[Excerpts from a dataset]

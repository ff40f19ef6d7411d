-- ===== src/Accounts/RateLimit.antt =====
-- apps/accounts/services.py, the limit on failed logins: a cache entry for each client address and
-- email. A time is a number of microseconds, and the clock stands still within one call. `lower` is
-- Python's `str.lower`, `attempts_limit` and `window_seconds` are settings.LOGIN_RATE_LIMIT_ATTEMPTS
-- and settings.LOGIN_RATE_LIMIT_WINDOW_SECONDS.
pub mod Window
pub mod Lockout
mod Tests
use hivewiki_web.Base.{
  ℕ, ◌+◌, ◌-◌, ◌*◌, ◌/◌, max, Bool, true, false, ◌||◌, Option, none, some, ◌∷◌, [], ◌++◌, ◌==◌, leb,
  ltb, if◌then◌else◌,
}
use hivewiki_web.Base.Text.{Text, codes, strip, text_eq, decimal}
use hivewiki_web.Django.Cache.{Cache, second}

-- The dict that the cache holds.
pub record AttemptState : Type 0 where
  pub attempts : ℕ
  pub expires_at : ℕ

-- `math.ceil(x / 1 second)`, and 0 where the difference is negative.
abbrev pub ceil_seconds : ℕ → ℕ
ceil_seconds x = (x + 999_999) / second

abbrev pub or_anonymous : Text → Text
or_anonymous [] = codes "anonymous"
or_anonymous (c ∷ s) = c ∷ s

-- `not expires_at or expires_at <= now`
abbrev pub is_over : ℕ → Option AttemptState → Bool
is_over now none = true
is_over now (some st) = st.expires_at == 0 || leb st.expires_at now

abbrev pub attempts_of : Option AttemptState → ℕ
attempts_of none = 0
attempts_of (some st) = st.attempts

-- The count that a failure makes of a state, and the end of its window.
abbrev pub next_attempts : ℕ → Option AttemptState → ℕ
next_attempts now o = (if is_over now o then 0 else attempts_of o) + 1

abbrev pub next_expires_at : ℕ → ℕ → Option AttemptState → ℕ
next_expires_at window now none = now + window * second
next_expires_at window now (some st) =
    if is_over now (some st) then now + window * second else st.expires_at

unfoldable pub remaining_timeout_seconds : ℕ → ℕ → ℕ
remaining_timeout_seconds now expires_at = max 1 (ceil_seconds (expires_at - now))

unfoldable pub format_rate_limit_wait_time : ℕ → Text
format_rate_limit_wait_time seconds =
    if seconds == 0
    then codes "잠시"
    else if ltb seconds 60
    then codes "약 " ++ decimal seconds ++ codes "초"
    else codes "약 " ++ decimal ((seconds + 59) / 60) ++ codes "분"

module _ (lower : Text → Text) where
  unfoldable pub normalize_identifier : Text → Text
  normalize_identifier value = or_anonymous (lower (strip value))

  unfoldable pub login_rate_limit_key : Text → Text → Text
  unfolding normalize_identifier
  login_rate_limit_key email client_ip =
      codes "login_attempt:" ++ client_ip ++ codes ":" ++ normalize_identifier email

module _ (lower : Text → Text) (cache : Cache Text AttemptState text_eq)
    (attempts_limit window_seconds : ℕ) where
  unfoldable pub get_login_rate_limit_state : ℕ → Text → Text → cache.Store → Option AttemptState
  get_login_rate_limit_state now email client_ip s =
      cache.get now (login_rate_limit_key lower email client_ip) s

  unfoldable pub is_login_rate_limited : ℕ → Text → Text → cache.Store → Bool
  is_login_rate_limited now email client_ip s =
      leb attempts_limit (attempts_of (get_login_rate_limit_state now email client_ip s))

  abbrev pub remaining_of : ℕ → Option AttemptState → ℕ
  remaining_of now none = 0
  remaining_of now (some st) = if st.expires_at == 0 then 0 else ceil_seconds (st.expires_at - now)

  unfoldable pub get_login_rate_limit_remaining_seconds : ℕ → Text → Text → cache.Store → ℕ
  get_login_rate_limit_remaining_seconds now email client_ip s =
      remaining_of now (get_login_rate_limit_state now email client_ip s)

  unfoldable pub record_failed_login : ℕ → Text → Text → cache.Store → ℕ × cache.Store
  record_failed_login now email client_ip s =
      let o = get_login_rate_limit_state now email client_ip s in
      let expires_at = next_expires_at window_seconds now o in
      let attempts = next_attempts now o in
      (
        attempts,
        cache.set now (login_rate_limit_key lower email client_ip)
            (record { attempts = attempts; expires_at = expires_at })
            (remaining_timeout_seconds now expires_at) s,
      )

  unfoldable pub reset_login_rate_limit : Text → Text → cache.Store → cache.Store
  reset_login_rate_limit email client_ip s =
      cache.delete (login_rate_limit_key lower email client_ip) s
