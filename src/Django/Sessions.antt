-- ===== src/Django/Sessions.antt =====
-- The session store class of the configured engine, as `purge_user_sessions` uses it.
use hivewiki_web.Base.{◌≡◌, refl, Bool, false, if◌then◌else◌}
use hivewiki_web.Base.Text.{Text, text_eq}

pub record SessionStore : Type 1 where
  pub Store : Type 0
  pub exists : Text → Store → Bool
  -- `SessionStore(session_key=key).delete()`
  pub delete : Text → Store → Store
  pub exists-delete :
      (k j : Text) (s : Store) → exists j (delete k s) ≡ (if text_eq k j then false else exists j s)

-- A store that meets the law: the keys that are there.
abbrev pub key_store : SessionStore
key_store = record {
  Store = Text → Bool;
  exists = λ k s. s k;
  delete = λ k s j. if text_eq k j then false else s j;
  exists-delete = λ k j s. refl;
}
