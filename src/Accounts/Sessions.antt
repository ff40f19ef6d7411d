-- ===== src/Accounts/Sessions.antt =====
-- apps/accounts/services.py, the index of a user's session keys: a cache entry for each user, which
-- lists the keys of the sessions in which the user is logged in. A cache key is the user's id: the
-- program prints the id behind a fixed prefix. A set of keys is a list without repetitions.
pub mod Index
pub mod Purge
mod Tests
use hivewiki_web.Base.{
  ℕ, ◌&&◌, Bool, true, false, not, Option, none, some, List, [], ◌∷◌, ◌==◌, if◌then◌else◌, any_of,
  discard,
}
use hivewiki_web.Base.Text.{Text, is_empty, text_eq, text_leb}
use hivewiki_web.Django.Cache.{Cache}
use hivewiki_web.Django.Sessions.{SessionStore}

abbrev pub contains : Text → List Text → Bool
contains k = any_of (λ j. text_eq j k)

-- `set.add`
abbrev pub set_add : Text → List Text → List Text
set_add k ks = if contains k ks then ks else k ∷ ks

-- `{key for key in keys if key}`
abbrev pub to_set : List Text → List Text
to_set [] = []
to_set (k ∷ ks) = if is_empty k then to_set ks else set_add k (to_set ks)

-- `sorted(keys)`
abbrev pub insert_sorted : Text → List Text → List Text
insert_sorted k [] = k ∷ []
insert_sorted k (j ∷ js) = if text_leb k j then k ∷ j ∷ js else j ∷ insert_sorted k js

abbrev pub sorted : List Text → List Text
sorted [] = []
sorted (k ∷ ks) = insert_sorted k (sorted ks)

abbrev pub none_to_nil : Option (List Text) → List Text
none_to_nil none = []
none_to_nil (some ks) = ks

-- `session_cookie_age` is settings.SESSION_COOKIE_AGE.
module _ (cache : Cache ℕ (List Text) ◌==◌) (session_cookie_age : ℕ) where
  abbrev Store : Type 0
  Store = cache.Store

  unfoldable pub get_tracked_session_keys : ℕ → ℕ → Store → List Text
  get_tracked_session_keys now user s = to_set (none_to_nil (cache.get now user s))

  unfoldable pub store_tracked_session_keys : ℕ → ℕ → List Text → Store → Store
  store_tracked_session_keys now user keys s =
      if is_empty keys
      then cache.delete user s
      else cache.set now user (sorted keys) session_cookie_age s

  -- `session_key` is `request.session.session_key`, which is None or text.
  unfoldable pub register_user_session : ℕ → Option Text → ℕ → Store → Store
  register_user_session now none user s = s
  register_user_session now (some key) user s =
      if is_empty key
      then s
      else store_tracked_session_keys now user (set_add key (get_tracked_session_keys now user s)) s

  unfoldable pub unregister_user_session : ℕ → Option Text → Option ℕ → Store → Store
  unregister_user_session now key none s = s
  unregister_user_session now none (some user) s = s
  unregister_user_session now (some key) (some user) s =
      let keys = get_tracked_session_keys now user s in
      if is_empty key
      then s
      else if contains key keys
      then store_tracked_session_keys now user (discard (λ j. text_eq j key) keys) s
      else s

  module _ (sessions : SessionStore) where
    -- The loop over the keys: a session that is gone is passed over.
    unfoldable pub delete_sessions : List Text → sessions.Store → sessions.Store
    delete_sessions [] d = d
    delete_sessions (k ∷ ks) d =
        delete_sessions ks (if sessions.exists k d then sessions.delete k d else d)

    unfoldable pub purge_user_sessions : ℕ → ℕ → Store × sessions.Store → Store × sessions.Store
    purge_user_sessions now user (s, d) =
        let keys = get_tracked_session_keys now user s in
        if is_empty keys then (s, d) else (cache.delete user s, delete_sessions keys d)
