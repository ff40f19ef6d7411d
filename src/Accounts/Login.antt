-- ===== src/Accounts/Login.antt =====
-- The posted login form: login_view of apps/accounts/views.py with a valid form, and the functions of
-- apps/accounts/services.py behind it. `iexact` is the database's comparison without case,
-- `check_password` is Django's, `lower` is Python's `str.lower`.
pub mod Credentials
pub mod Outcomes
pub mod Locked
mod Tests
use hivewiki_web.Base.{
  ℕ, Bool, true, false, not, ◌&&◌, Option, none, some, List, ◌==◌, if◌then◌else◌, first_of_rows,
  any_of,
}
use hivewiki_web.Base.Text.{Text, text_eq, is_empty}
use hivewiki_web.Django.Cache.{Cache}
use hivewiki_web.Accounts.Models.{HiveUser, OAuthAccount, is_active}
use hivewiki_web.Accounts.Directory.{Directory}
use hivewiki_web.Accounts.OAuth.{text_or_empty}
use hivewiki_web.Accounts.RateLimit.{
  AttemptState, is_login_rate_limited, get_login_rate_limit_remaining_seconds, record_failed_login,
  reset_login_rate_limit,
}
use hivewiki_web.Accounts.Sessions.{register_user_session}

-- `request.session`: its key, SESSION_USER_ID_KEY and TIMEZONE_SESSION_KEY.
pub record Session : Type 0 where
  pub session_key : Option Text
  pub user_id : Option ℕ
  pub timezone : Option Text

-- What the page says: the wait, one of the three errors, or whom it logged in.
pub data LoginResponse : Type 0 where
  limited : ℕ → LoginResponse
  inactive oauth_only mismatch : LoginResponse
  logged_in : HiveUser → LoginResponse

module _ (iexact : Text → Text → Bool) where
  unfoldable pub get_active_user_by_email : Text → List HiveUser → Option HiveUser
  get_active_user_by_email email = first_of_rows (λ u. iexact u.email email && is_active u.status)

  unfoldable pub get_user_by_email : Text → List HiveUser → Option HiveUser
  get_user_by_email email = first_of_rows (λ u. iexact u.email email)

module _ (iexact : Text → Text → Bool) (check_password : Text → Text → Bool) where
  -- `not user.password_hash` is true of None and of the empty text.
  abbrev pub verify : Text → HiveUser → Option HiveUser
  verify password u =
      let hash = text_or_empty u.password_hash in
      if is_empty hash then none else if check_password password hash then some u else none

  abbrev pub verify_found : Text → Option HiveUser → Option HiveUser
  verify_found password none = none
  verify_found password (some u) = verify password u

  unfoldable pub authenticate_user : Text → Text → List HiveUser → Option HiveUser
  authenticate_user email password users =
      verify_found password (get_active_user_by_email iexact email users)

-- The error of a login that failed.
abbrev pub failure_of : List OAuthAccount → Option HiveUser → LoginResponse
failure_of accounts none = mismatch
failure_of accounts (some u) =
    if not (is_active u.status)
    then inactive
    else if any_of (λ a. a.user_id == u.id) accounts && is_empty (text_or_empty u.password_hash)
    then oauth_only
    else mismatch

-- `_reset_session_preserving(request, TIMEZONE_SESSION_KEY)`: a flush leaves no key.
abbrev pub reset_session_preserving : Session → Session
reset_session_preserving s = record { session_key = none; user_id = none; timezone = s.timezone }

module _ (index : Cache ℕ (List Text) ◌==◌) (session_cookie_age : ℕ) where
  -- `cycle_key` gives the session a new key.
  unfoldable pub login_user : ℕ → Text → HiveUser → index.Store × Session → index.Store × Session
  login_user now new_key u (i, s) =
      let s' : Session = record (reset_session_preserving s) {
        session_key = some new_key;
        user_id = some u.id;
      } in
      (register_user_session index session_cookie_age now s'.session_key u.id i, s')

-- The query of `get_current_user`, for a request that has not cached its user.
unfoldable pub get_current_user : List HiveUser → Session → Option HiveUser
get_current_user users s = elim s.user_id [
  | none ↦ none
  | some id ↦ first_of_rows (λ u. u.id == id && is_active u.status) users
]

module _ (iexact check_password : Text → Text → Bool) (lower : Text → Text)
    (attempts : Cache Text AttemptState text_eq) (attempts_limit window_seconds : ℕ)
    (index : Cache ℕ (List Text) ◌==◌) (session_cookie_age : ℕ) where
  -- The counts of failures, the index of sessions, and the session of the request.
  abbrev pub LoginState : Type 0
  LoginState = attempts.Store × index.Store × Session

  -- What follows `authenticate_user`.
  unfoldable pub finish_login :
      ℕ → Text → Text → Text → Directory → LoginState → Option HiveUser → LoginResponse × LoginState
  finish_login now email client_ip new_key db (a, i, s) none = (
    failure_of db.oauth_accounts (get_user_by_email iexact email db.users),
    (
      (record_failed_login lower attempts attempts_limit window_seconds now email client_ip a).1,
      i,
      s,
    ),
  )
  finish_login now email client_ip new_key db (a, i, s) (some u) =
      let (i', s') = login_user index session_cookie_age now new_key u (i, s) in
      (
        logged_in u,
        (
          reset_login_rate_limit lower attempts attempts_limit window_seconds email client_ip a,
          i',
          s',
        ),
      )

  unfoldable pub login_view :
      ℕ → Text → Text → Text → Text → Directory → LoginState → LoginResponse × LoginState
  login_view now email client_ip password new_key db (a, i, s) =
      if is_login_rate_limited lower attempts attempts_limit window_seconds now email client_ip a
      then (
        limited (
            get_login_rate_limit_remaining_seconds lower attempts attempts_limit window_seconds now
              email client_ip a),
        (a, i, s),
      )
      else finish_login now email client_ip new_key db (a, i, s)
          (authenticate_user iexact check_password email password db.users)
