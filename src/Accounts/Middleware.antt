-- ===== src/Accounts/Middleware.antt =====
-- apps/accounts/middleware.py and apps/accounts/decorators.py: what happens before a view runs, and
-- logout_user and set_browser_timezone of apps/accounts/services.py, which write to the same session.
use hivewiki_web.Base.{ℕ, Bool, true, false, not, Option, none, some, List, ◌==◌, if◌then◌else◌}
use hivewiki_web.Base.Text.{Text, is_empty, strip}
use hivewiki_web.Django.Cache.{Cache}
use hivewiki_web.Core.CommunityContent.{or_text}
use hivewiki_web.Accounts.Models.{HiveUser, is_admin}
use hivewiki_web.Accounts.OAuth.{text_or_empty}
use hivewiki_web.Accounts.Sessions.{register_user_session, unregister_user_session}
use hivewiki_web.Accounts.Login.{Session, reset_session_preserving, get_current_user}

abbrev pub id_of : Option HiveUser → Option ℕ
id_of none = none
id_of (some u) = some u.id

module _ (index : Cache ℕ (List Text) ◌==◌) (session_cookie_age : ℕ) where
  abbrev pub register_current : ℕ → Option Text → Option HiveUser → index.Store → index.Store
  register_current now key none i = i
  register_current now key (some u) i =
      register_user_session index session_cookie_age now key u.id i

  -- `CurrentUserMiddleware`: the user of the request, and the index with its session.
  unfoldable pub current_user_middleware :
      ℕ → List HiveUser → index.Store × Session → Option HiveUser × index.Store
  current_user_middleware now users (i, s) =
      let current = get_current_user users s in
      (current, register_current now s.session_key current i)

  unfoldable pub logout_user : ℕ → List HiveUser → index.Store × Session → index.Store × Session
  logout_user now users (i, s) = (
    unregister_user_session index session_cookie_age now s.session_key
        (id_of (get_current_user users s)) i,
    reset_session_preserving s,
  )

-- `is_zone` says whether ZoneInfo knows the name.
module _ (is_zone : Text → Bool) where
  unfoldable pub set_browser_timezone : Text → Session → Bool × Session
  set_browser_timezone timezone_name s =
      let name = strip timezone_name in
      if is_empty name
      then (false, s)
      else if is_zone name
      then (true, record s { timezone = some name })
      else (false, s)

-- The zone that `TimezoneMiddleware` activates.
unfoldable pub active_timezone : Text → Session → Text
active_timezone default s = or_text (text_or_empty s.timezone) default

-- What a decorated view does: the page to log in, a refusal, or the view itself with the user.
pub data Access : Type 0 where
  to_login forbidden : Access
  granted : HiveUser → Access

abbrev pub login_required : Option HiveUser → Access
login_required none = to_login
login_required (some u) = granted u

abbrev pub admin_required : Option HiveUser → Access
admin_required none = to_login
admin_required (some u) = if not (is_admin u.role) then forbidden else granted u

→ Exercise
The required answer is each line of the data in which the word "Type" appears.

→ Response area
pub record AttemptState : Type 0 where
pub record SessionStore : Type 1 where
  pub Store : Type 0
  abbrev Store : Type 0
pub record Session : Type 0 where
pub data LoginResponse : Type 0 where
  abbrev pub LoginState : Type 0
pub data Access : Type 0 where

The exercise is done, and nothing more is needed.